In 2009/2010, he assumed an even more active role in the team’s attack and scored a whooping 47 goals, assisting 14 and setting the world on fire on several occasions. Following his absolutely magnificent performance, capped with four goals, against Arsenal, many pundits started discussing his place among the all-time greats.
This season, despite an early injury, he already has 19 goals and seven assists in just 16 matches. In the Guardiola era, Messi has scored 104 goals. To put this in perspective, the second best scorer in this period is Samuel Eto’o with 36 goals. All these figures are even more impressive if we remember that Messi isn’t even an out-and-out striker.
The numbers don’t lie: Messi is Barcelona’s main attacking weapon, the focal point of Barcelona’s offensive game, and his influence in Barcelona’s sextuple and even in last season’s trophies is huge. At 23, Messi is becoming a better and better player. His passing/playmaking skills have been improving by the day, as have his goalscoring instincts. He’s a more complete player now that he was a year ago, and when he reaches his peak in a few years, he’ll be ready to lead both Barcelona and Argentina to glory.
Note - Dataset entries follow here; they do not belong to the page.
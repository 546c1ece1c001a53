-- ===== src/Indexer/Anchor.antt =====
-- backend/app/clients/anchor_decoder.py, and what merkle_indexer.py does with it: the decoder of the IDL.
-- Accounts are dictionaries or objects with named fields; other objects, whose public attributes the code
-- would collect, are left out.
use bagsvault.Base.{
  ℤ, ◌||◌, Bool, true, false, not, ◌&&◌, [], Option, none, some, Str, codes, eq_str, is_empty,
  starts_with, if◌then◌else◌,
}
use bagsvault.Base.Hex.{to_hex}
use bagsvault.Base.Spaces.{strip}
use bagsvault.Json.{Json, str, arr, obj, Items, nil, cons, Fields, end, field}
use bagsvault.Exceptions.{Result, ok}
use bagsvault.Solana.Instruction.{Bytes}
use bagsvault.Indexer.{State}
use bagsvault.Indexer.Decode64.{b64decode}
use bagsvault.Indexer.Stream.{Decoded, entry, plain, state_from_decoded_dict}

mutual
  -- What anchorpy decodes to.
  pub data Member : Type 0 where
    -- a text, a number, a truth value or None
    scalar : Json → Member
    bytes : Bytes → Member
    seq : Members → Member
    dict : Entries → Member
    -- a dataclass or an object with slots, by its fields
    fields_of : Entries → Member

  pub data Members : Type 0 where
    nothing : Members
    more : Member → Members → Members

  -- Keys as `str` gives them, and whether the key is a text itself.
  pub data Entries : Type 0 where
    stop : Entries
    named : Str → Bool → Member → Entries → Entries

-- out[k] = v
unfoldable pub put_field : Str → Json → Fields → Fields
put_field k v end = field k v end
put_field k v (field j w fs) =
    let rest = field j w (put_field k v fs) in if eq_str j k then field j v fs else rest

-- a key that the dictionary loses
unfoldable pub is_private : Str → Bool → Bool
unfolding starts_with
is_private k is_text = is_text && starts_with (codes "_") k

unfoldable mutual
  unfolding put_field is_private to_hex

  -- `_container_to_dict`
  pub container_to_dict : Member → Json
  container_to_dict (scalar v) = v
  container_to_dict (bytes bs) = str (to_hex bs)
  container_to_dict (seq vs) = arr (list_of vs)
  container_to_dict (dict es) = obj (dict_from es end)
  container_to_dict (fields_of es) = obj (fields_from es end)

  pub list_of : Members → Items
  list_of nothing = nil
  list_of (more v vs) = cons (container_to_dict v) (list_of vs)

  pub dict_from : Entries → Fields → Fields
  dict_from stop out = out
  dict_from (named k is_text v es) out =
      let kept = dict_from es (put_field k (container_to_dict v) out) in
      let lost = dict_from es out in if is_private k is_text then lost else kept

  pub fields_from : Entries → Fields → Fields
  fields_from stop out = out
  fields_from (named k is_text v es) out = fields_from es (put_field k (container_to_dict v) out)

-- What an account decodes to.
pub record Account : Type 0 where
  pub is_dict : Bool
  pub entries : Entries

unfoldable pub account_dict : Account → Fields
unfolding dict_from fields_from
account_dict a = if a.is_dict then dict_from a.entries end else fields_from a.entries end

-- `AnchorDecoder`, and `_CODER_CACHE`: the coders by the path of their IDL.
pub record Decoder (C : Type 0) : Type 0 where
  pub idl_path : Str
  pub available : Option Bool
  pub coder : Option C
  pub coder_cache : Str → Option C

-- What the disk and anchorpy have at a time. `load` reads and parses the file; any exception is none.
pub record Disk (C : Type 0) : Type 0 where
  pub exists : Str → Bool
  pub resolve : Str → Str
  pub has_anchorpy : Bool
  pub load : Str → Option C

unfoldable pub decoded_of : Fields → Decoded
decoded_of end = bagsvault.Indexer.Stream.end
decoded_of (field k v fs) = entry k (plain v) (decoded_of fs)

-- `if not decoded`
unfoldable pub state_of_dict : (Str → Result ℤ) → Option Fields → Result (Option State)
unfolding decoded_of state_from_decoded_dict
state_of_dict truncate none = ok none
state_of_dict truncate (some end) = ok none
state_of_dict truncate (some (field k v fs)) =
    state_from_decoded_dict truncate (decoded_of (field k v fs))

abbrev is_some_true : Option Bool → Bool
is_some_true none = false
is_some_true (some b) = b

module _ {C : Type 0} where
  unfoldable pub new_decoder : (Str → Option C) → Option Str → Decoder C
  unfolding strip
  new_decoder cache idl_path = record {
    idl_path = strip (path_or_empty idl_path);
    available = none;
    coder = none;
    coder_cache = cache;
  }
    where
      path_or_empty : Option Str → Str
      path_or_empty none = []
      path_or_empty (some path) = path

  abbrev disabled : Decoder C → Decoder C
  disabled d = record d { available = some false }

  abbrev enabled : C → Decoder C → Decoder C
  enabled c d = record d { coder = some c; available = some true }

  abbrev put_coder : Str → C → (Str → Option C) → Str → Option C
  put_coder key c cache k = if eq_str key k then some c else cache k

  -- what parsing the file gave
  unfoldable pub parsed_coder : Str → Decoder C → Option C → Decoder C × Option C
  parsed_coder key d none = (disabled d, none)
  parsed_coder key d (some c) =
      (record (enabled c d) { coder_cache = put_coder key c d.coder_cache }, some c)

  -- the coder of the cache, or of the file
  unfoldable pub cached_or_parsed : Disk C → Str → Decoder C → Option C → Decoder C × Option C
  unfolding parsed_coder
  cached_or_parsed disk key d (some c) = (enabled c d, some c)
  cached_or_parsed disk key d none =
      if disk.has_anchorpy then parsed_coder key d (disk.load d.idl_path) else (disabled d, none)

  unfoldable pub first_load : Disk C → Decoder C → Decoder C × Option C
  unfolding cached_or_parsed
  first_load disk d =
      let key = disk.resolve d.idl_path in
      if is_empty d.idl_path || not (disk.exists d.idl_path)
      then (disabled d, none)
      else cached_or_parsed disk key d (d.coder_cache key)

  unfoldable pub retried : Disk C → Decoder C → Option Bool → Decoder C × Option C
  unfolding first_load
  retried disk d (some false) = (d, none)
  retried disk d (some true) = first_load disk d
  retried disk d none = first_load disk d

  unfoldable pub loaded : Disk C → Decoder C → Option C → Decoder C × Option C
  unfolding retried
  loaded disk d (some c) = (d, some c)
  loaded disk d none = retried disk d d.available

  -- `_load_coder`
  unfoldable pub load_coder : Disk C → Decoder C → Decoder C × Option C
  unfolding loaded
  load_coder disk d = loaded disk d d.coder

  unfoldable pub checked_available : Disk C → Decoder C → Option Bool → Decoder C × Bool
  unfolding load_coder
  checked_available disk d none = let (d', c) = load_coder disk d in (d', is_some_true d'.available)
  checked_available disk d (some b) = (d, b)

  -- `decode_available`
  unfoldable pub decode_available : Disk C → Decoder C → Decoder C × Bool
  unfolding checked_available
  decode_available disk d = checked_available disk d d.available

  -- `coder.accounts.decode`, with none for an exception
  module _ (decode : C → Bytes → Option Account) where
    unfoldable pub dict_of_account : Option Account → Option Fields
    unfolding account_dict
    dict_of_account none = none
    dict_of_account (some a) = some (account_dict a)

    unfoldable pub decode_bytes : C → Option Bytes → Option Fields
    unfolding dict_of_account
    decode_bytes c none = none
    decode_bytes c (some raw) = dict_of_account (decode c raw)

    unfoldable pub decode_by : Option C → Str → Option Fields
    unfolding decode_bytes b64decode
    decode_by none b64 = none
    decode_by (some c) b64 = decode_bytes c (b64decode b64)

    -- `decode_account`
    unfoldable pub decode_account : Disk C → Decoder C → Str → Decoder C × Option Fields
    unfolding decode_by load_coder
    decode_account disk d b64 = let (d', c) = load_coder disk d in (d', decode_by c b64)

    -- `_decode_with_idl`, where there is a decoder
    unfoldable pub decode_with_idl :
        (Str → Result ℤ) → Disk C → Decoder C → Str → Decoder C × Result (Option State)
    unfolding decode_available decode_account state_of_dict
    decode_with_idl truncate disk d b64 =
        let (d', is_there) = decode_available disk d in
        let (d'', decoded) = decode_account disk d' b64 in
        if is_there then (d'', state_of_dict truncate decoded) else (d', ok none)
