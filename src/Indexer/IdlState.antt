-- ===== src/Indexer/IdlState.antt =====
-- The account that the program stores, by the decoder of the IDL and then by the layout.
use bagsvault.Base.{
  ℕ, ℤ, Bool, true, false, List, [], ◌∷◌, ◌++◌, Option, none, some, Str, codes, ◌≡◌, refl, sym, ◌∙◌,
  ap, length, take, drop, Option-cases, Bool-cases, inl, inr, if◌then◌else◌,
}
use bagsvault.Base.Hex.{to_hex}
use bagsvault.Base.Bytes.{from_le}
use bagsvault.Exceptions.{Result, ok}
use bagsvault.Solana.Instruction.{Bytes}
use bagsvault.Indexer.{State, Sources, decoded_by_layout, decoded_by}
use bagsvault.Indexer.Decode64.{b64decode}
use bagsvault.Indexer.Account.{MerkleTreeState, serialize, decode_state-serialized}
use bagsvault.Indexer.Anchor.{
  Member, Entries, stop, named, Account, account_dict, Decoder, Disk, load_coder, decode_available,
  decode_account, decode_by, decode_bytes, dict_of_account, decode_with_idl, state_of_dict,
}

-- The fields of `MerkleTreeState` by their names, with any values.
abbrev pub stored_entries : (Str → Member) → Entries
stored_entries v = named (codes "authority") true (v (codes "authority")) (
    named (codes "token_mint") true (v (codes "token_mint")) (
      named (codes "denomination") true (v (codes "denomination")) (
        named (codes "commitment_count") true (v (codes "commitment_count")) (
          named (codes "relayer_fee_bps") true (v (codes "relayer_fee_bps")) (
            named (codes "root_cursor") true (v (codes "root_cursor")) (
              named (codes "paused") true (v (codes "paused")) (
                named (codes "filled_subtrees") true (v (codes "filled_subtrees")) (
                  named (codes "roots") true (v (codes "roots"))
                    (named (codes "bump") true (v (codes "bump")) stop)))))))))

-- None of the keys is one of a root.
no_root :
    (truncate : Str → Result ℤ) (is_dict : Bool) (v : Str → Member)
    → state_of_dict truncate
        (some (account_dict (record { is_dict = is_dict; entries = stored_entries v })))
      ≡ ok none
unfolding state_of_dict account_dict bagsvault.Indexer.Anchor.dict_from
    bagsvault.Indexer.Anchor.put_field bagsvault.Indexer.Anchor.is_private
    bagsvault.Indexer.Anchor.decoded_of bagsvault.Indexer.Stream.state_from_decoded_dict
    bagsvault.Indexer.Stream.first_value bagsvault.Indexer.Stream.find_value
    bagsvault.Indexer.Stream.root_hex_of bagsvault.Base.eq_str bagsvault.Base.starts_with
no_root truncate true v = refl
no_root truncate false v = refl

module _ {C M : Type 0} (decode : C → Bytes → Option Account) (sources : Sources M) where
  -- whatever the decoder answers, no state comes of the account
  idl-none :
      (truncate : Str → Result ℤ) (disk : Disk C) (d : Decoder C) (b64 : Str) (raw : Bytes)
      (is_dict : Bool) (v : Str → Member)
      → b64decode b64 ≡ some raw
      → ((c : C) → decode c raw ≡ some (record { is_dict = is_dict; entries = stored_entries v }))
      → (decode_with_idl decode truncate disk d b64).1 ≡ ok none
  unfolding decode_with_idl decode_account decode_by decode_bytes dict_of_account
  idl-none truncate disk d b64 raw is_dict v text has =
      elim (Bool-cases (decode_available disk d).1) [ inl e ↦ rw e (by-coder _) | inr e ↦ rw e ]
    where
      by-coder : (o : Option C) → state_of_dict truncate (decode_by decode o b64) ≡ ok none
      by-coder none = unfold state_of_dict in refl
      by-coder (some c) = rw (text, has c) (no_root truncate is_dict v)

  -- On the account that the program stores, where the decoder of the IDL gives the fields of
  -- `MerkleTreeState` by their names, none of them is taken for the root, and what is recorded is what the
  -- layout decoder reads: parts of the authority's and of the mint's addresses as the root, and four bytes of
  -- the authority's address as the count.
  pub decoded_by-serialized :
      (truncate : Str → Result ℤ) (disk : Disk C) (d : Decoder C) (b64 : Str)
      (discriminator : Bytes) (a : MerkleTreeState) (is_dict : Bool) (v : Str → Member)
      → b64decode b64 ≡ some (serialize discriminator a)
      → ((c : C)
          → decode c (serialize discriminator a)
            ≡ some (record { is_dict = is_dict; entries = stored_entries v }))
      → sources.decode_with_idl b64 ≡ (decode_with_idl decode truncate disk d b64).1
      → length discriminator ≡ 8
      → length a.authority ≡ 32
      → length a.token_mint ≡ 32
      → decoded_by sources b64 (sources.decode_with_idl b64)
        ≡ ok (
            some (record {
              root_hex = to_hex (drop 5 a.authority ++ take 5 a.token_mint);
              commitment_count = from_le (take 4 (drop 1 a.authority));
            }))
  unfolding decoded_by decoded_by_layout
  decoded_by-serialized truncate disk d b64 discriminator a is_dict v text has by_idl ld la lm =
      rw (by_idl, idl-none truncate disk d b64 (serialize discriminator a) is_dict v text has, text)
        (ap ok (decode_state-serialized discriminator a ld la lm))
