-- ===== src/Examples/Streams.antt =====
-- Subscriptions, the decoder of the IDL, and the answers of a node.
use bagsvault.Base.{
  ℕ, ℤ, pos, Bool, true, false, List, [], ◌∷◌, ◌++◌, Option, none, some, Str, codes, ◌≡◌, ◌≢◌, refl,
  All, take, drop, replicate,
}
use bagsvault.Base.Base64.{b64encode}
use bagsvault.Base.Bytes.{from_le}
use bagsvault.Base.Hex.{to_hex}
use bagsvault.Json.{Json, null, str, arr, obj, cons, nil, Fields, field, end}
use bagsvault.Exceptions.{Result, ok}
use bagsvault.Solana.Instruction.{Bytes}
use bagsvault.Solana.Rpc.{response, send_transaction}
use bagsvault.Solana.Rpc.Methods.{
  get_health, get_slot, get_transaction, get_account_info, get_multiple_accounts,
  get_program_accounts, get_recent_blockhash, simulate_transaction, get_signature_statuses,
}
use bagsvault.Solana.Rpc.Errors.{IsUpstream, methods-IsUpstream}
use bagsvault.Solana.Ws.{
  Connection, Notification, listed, closed, failed, cancelled, reconnect_loop,
}
use bagsvault.Solana.Ws.Reconnect.{
  Uncancelled, items_in, pauses_in, all_items, pauses_from, reconnect_loop-resumes,
}
use bagsvault.Indexer.{MerkleRoot, Sources, State, decoded_by}
use bagsvault.Indexer.Stream.{Arrival, root_updates}
use bagsvault.Indexer.Skips.{states_only, root_updates-skips}
use bagsvault.Indexer.Found.{IsStored, root_updates-IsStored}
use bagsvault.Indexer.Account.{MerkleTreeState, serialize}
use bagsvault.Indexer.Decode64.{b64decode}
use bagsvault.Indexer.Anchor.{Member, scalar, Account, Decoder, Disk, new_decoder, decode_with_idl}
use bagsvault.Indexer.IdlState.{stored_entries, decoded_by-serialized}
use bagsvault.Examples.Gateway.{sources, unique, discriminator}

abbrev loads : Str → Result Json
loads s = ok (obj end)

abbrev note : Notification
note = record { to_json = some (ok (str (codes "{}"))); repr = codes "n"; is_true = true }

-- one that fails at once, one that gives an item, and one that is closed at once
abbrev connections : List Connection
connections =
    record { msgs = []; ending = failed; is_cancelled_after = false }
    ∷ record { msgs = listed (note ∷ []) ∷ []; ending = failed; is_cancelled_after = false }
    ∷ record { msgs = []; ending = closed; is_cancelled_after = false }
    ∷ []

goes_on : Uncancelled loads connections
unfolding bagsvault.Solana.Ws.open_stream bagsvault.Solana.Ws.give_items
    bagsvault.Solana.Ws.normalize_msg bagsvault.Solana.Ws.is_full bagsvault.Solana.Ws.to_dict
    bagsvault.Solana.Ws.dict_or_raw bagsvault.Solana.Ws.parsed
goes_on = ((λ e. cc), refl, ((λ e. cc), refl, ((λ e. cc), refl, tt)))

reconnect_loop-resumes_example :
    (items_in (reconnect_loop loads 1 connections).events ≡ all_items loads connections)
    × (pauses_in (reconnect_loop loads 1 connections).events ≡ pauses_from loads 0 connections)
    × ((reconnect_loop loads 1 connections).is_cancelled ≡ false)
reconnect_loop-resumes_example = reconnect_loop-resumes loads connections goes_on

abbrev account : Fields
account =
    field (codes "data") (arr (cons (str (codes "AA==")) (cons (str (codes "base64")) nil))) end

abbrev arrivals : List Arrival
arrivals =
    record { now = 1; notification = end }
    ∷ record { now = 2; notification = field (codes "result") (obj account) end }
    ∷ []

root_updates-skips_example :
    root_updates sources [] arrivals ≡ root_updates sources [] (states_only sources arrivals)
root_updates-skips_example = root_updates-skips sources [] arrivals

root_updates-IsStored_example :
    ((k : Str) (row : MerkleRoot)
      → sources.merkle_roots.find_one [] k ≡ some row
      → sources.merkle_roots.find_one (root_updates sources [] arrivals).store k ≡ some row)
    × All
        (IsStored sources unique (root_updates sources [] arrivals).store)
        (root_updates sources [] arrivals).roots
root_updates-IsStored_example = root_updates-IsStored sources unique [] arrivals

-- coders are numbers
abbrev disk : Disk ℕ
disk = record { exists = λ p. true; resolve = λ p. p; has_anchorpy = true; load = λ p. some 3 }

abbrev decoder : Decoder ℕ
decoder = new_decoder (λ k. none) (some (codes "idl.json"))

abbrev tree : MerkleTreeState
tree = record {
  authority = replicate 32 1;
  token_mint = replicate 32 0;
  denomination = 1000;
  commitment_count = 12;
  relayer_fee_bps = 30;
  root_cursor = 2;
  paused = 0;
  filled_subtrees = [];
  roots = [];
  bump = 255;
}

abbrev text : Str
text = b64encode (serialize discriminator tree)

is_text : b64decode text ≡ some (serialize discriminator tree)
unfolding b64decode b64encode serialize bagsvault.Indexer.Account.serialize_rest
    bagsvault.Base.Bytes.le_bytes
is_text = refl

abbrev members : Str → Member
members k = scalar null

abbrev decode : ℕ → Bytes → Option Account
decode c raw = some (record { is_dict = false; entries = stored_entries members })

abbrev truncate : Str → Result ℤ
truncate t = ok (pos 0)

abbrev by_idl : Sources (List MerkleRoot)
by_idl = record sources {
  decode_with_idl = λ b64. (decode_with_idl decode truncate disk decoder b64).1;
}

decoded_by-serialized_example :
    decoded_by by_idl text (by_idl.decode_with_idl text)
    ≡ ok (
        some (record {
          root_hex = to_hex (drop 5 (replicate 32 1) ++ take 5 (replicate 32 0));
          commitment_count = from_le (take 4 (drop 1 (replicate 32 1)));
        }))
decoded_by-serialized_example =
    decoded_by-serialized decode by_idl truncate disk decoder text discriminator tree false members
      is_text (λ c. refl) refl refl refl refl

methods-IsUpstream_example :
    IsUpstream (get_health (λ v. []) (response 200 none))
    × IsUpstream (get_slot (response 200 none))
    × IsUpstream (get_transaction (response 200 none))
    × IsUpstream (get_account_info (response 200 none))
    × IsUpstream (get_multiple_accounts (codes "k" ∷ []) (response 200 none))
    × IsUpstream (get_program_accounts (response 200 none))
    × IsUpstream (get_recent_blockhash (response 200 none))
    × IsUpstream (send_transaction (response 200 none))
    × IsUpstream (simulate_transaction (response 200 none))
    × IsUpstream (get_signature_statuses (codes "s" ∷ []) (response 200 none))
methods-IsUpstream_example =
    methods-IsUpstream (λ v. []) (codes "k" ∷ []) (codes "s" ∷ []) (response 200 none)
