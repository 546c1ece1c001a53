-- ===== src/Examples/Wallets.antt =====
-- A request with wallet headers, with base58 read as itself and every signature valid.
use bagsvault.Base.{ℕ, ◌+◌, ◌*◌, ◌≤◌, List, true, Option, some, Str, codes, ◌≡◌, refl, starts_with}
use bagsvault.Exceptions.{Result, ok}
use bagsvault.Auth.{
  IsoTime, aware, AuthHeaders, extract_address, extract_issued_at, issued_label, verify_signature,
  require_wallet,
}
use bagsvault.Auth.Checked.{Signs, require_wallet-ok}
use bagsvault.Auth.OneLine.{IsOneLine, require_wallet-label}

abbrev b58 : Str → Result (List ℕ)
b58 s = ok s

abbrev valid : List ℕ → Str → List ℕ → Result (Unit {0})
valid key text signature = ok tt

abbrev iso : Str → Option IsoTime
iso s = some (aware 1000)

abbrev wallet : Str
wallet = codes "abcdefghabcdefghabcdefghabcdefgh"

abbrev signature : Str
signature = codes "abcdefghabcdefghabcdefghabcdefghabcdefghabcdefghabcdefghabcdefgh"

abbrev message : Str
message = codes "Issued At: now"

abbrev headers : AuthHeaders
headers = record { address = some wallet; signature = some signature; message = some message }

passes : require_wallet b58 valid iso 300 2000 headers ≡ ok wallet
unfolding require_wallet bagsvault.Auth.header bagsvault.Auth.same_address extract_address
    bagsvault.Auth.address_from bagsvault.Auth.address_here bagsvault.Auth.in_time
    bagsvault.Auth.signed verify_signature bagsvault.Auth.verify_bytes bagsvault.Auth.decoded
    extract_issued_at bagsvault.Auth.stamped bagsvault.Auth.parsed bagsvault.Auth.issued_from
    bagsvault.Auth.issued_here bagsvault.Auth.or_else bagsvault.Base.Spaces.skip_spaces
    bagsvault.Auth.word bagsvault.Auth.after_word bagsvault.Auth.ends_line
    bagsvault.Base.Spaces.is_space bagsvault.Auth.non_empty bagsvault.Auth.utc starts_with
passes = refl

one_line : IsOneLine message
unfolding IsOneLine
one_line = (
  refl,
  (
    refl,
    (
      refl,
      (refl, (refl, (refl, (refl, (refl, (refl, (refl, (refl, (refl, (refl, (refl, tt))))))))))),
    ),
  ),
)

require_wallet-ok_example :
    (headers.address ≡ some wallet)
    × (s : Str) × (headers.signature ≡ some s)
    × (m : Str) × (headers.message ≡ some m)
    × ((a : Str) → extract_address m ≡ some a → a ≡ wallet)
    × (issued : ℕ) × (extract_issued_at iso m ≡ ok issued)
    × (2000 ≤ issued + 300 * 1000000)
    × (issued ≤ 2000 + 60000000)
    × Signs b58 valid wallet m s
require_wallet-ok_example = require_wallet-ok b58 valid iso 300 2000 headers wallet passes

require_wallet-label_example : starts_with issued_label message ≡ true
require_wallet-label_example =
    require_wallet-label b58 valid iso 300 2000 headers message wallet refl one_line passes
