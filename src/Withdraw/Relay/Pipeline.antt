-- ===== src/Withdraw/Relay/Pipeline.antt =====
-- The whole of `WithdrawalService.relay`: the guard's look-up, the preparation, the broadcast, and the
-- two writes after it, which are tried and whose failure does not reach the caller.
use bagsvault.Base.{ℕ, List, ◌∷◌, Option, none, some, Str, codes}
use bagsvault.Exceptions.{Result, ok, err}
use bagsvault.Mongo.{Insert, inserted, duplicate, failed, Collection}
use bagsvault.Solana.Instruction.{Instruction}
use bagsvault.Solana.Keys.{Keys}
use bagsvault.Withdraw.Relay.{
  Request, Withdrawal, Settings, Picked, Chain, Response, broadcast, Prepared, prepare,
}

-- `withdrawals` and `relayers`, and every instruction that was given to the chain, newest first.
pub record World (S R : Type 0) : Type 0 where
  pub withdrawals : S
  pub relayers : R
  pub submitted : List Instruction

-- The services and the driver: what they answer is not decided here.
pub record Services (S R : Type 0) : Type 0 where
  pub keys : Keys
  pub settings : Settings
  pub chain : Chain
  pub rows : Collection S Withdrawal
  pub pick_best : R → Str → Result Picked
  -- none: the update raised
  pub update_last_seen : R → Str → ℕ → Option R

-- The values that the defaults of `Withdrawal` make up: a new id, and the time.
pub record Fresh : Type 0 where
  pub id : Str
  pub now : ℕ

unfoldable pub withdrawal : Fresh → Request → Prepared → Str → Withdrawal
withdrawal fresh q p signature = record {
  id = fresh.id;
  nullifier_hash = q.nullifier_hash;
  recipient = q.recipient;
  amount = q.amount;
  token = q.token;
  relayer_id = p.relayer_id;
  tx_signature = signature;
  created_at = fresh.now;
}

module _ {S R : Type 0} (services : Services S R) where
  -- an exception of the insertion is logged
  unfoldable pub persisted : Insert S → S → S
  persisted (inserted s') s = s'
  persisted duplicate s = s
  persisted (failed message) s = s

  touched : Option R → R → R
  touched none r = r
  touched (some r') r = r'

  unfoldable pub finish :
      World S R → Fresh → Request → Prepared → Result Str → World S R × Result Response
  unfolding persisted withdrawal touched
  finish w fresh q p (err e) = (w, err e)
  finish w fresh q p (ok signature) =
      let row = withdrawal fresh q p signature in
      let s = persisted (services.rows.insert_one w.withdrawals row) w.withdrawals in
      let r = touched (services.update_last_seen w.relayers p.relayer_id fresh.now) w.relayers in
      (
        record { withdrawals = s; relayers = r; submitted = w.submitted },
        ok (record {
          signature = signature;
          status = codes "submitted";
          fee_bps = p.active_fee_bps;
        }),
      )

  unfoldable pub handed : World S R → Instruction → World S R
  handed w ix = record {
    withdrawals = w.withdrawals;
    relayers = w.relayers;
    submitted = ix ∷ w.submitted;
  }

  unfoldable pub proceed :
      World S R → Fresh → Request → Result Prepared → World S R × Result Response
  unfolding handed
  proceed w fresh q (err e) = (w, err e)
  proceed w fresh q (ok p) =
      finish (handed w p.ix) fresh q p (broadcast services.chain p.ix p.payer)

  unfoldable pub relay : World S R → Fresh → Request → World S R × Result Response
  relay w fresh q = proceed w fresh q (
      prepare services.keys services.settings services.chain (services.pick_best w.relayers q.token)
        (services.rows.find_one w.withdrawals q.nullifier_hash) q)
That said, Barcelona are not dependant on Messi. It’s a perfect system where Messi makes Barcelona better and Barcelona make Messi better. Messi wouldn’t be what he is today without Barcelona and Barcelona would probably have never won the sextuple without the Argentine.
It’s truly a match made in heaven and, with Messi leading, only a very unexpected set of circumstances will stop the blaugrana from adding many major trophies to their museum during the next decade, as Messi slowly but steadily becomes one of the best players ever to grace the football pitch. In today’s game, no player can even come close to Messi, whose talents keep delighting Barcelona fans and neutrals all over the world.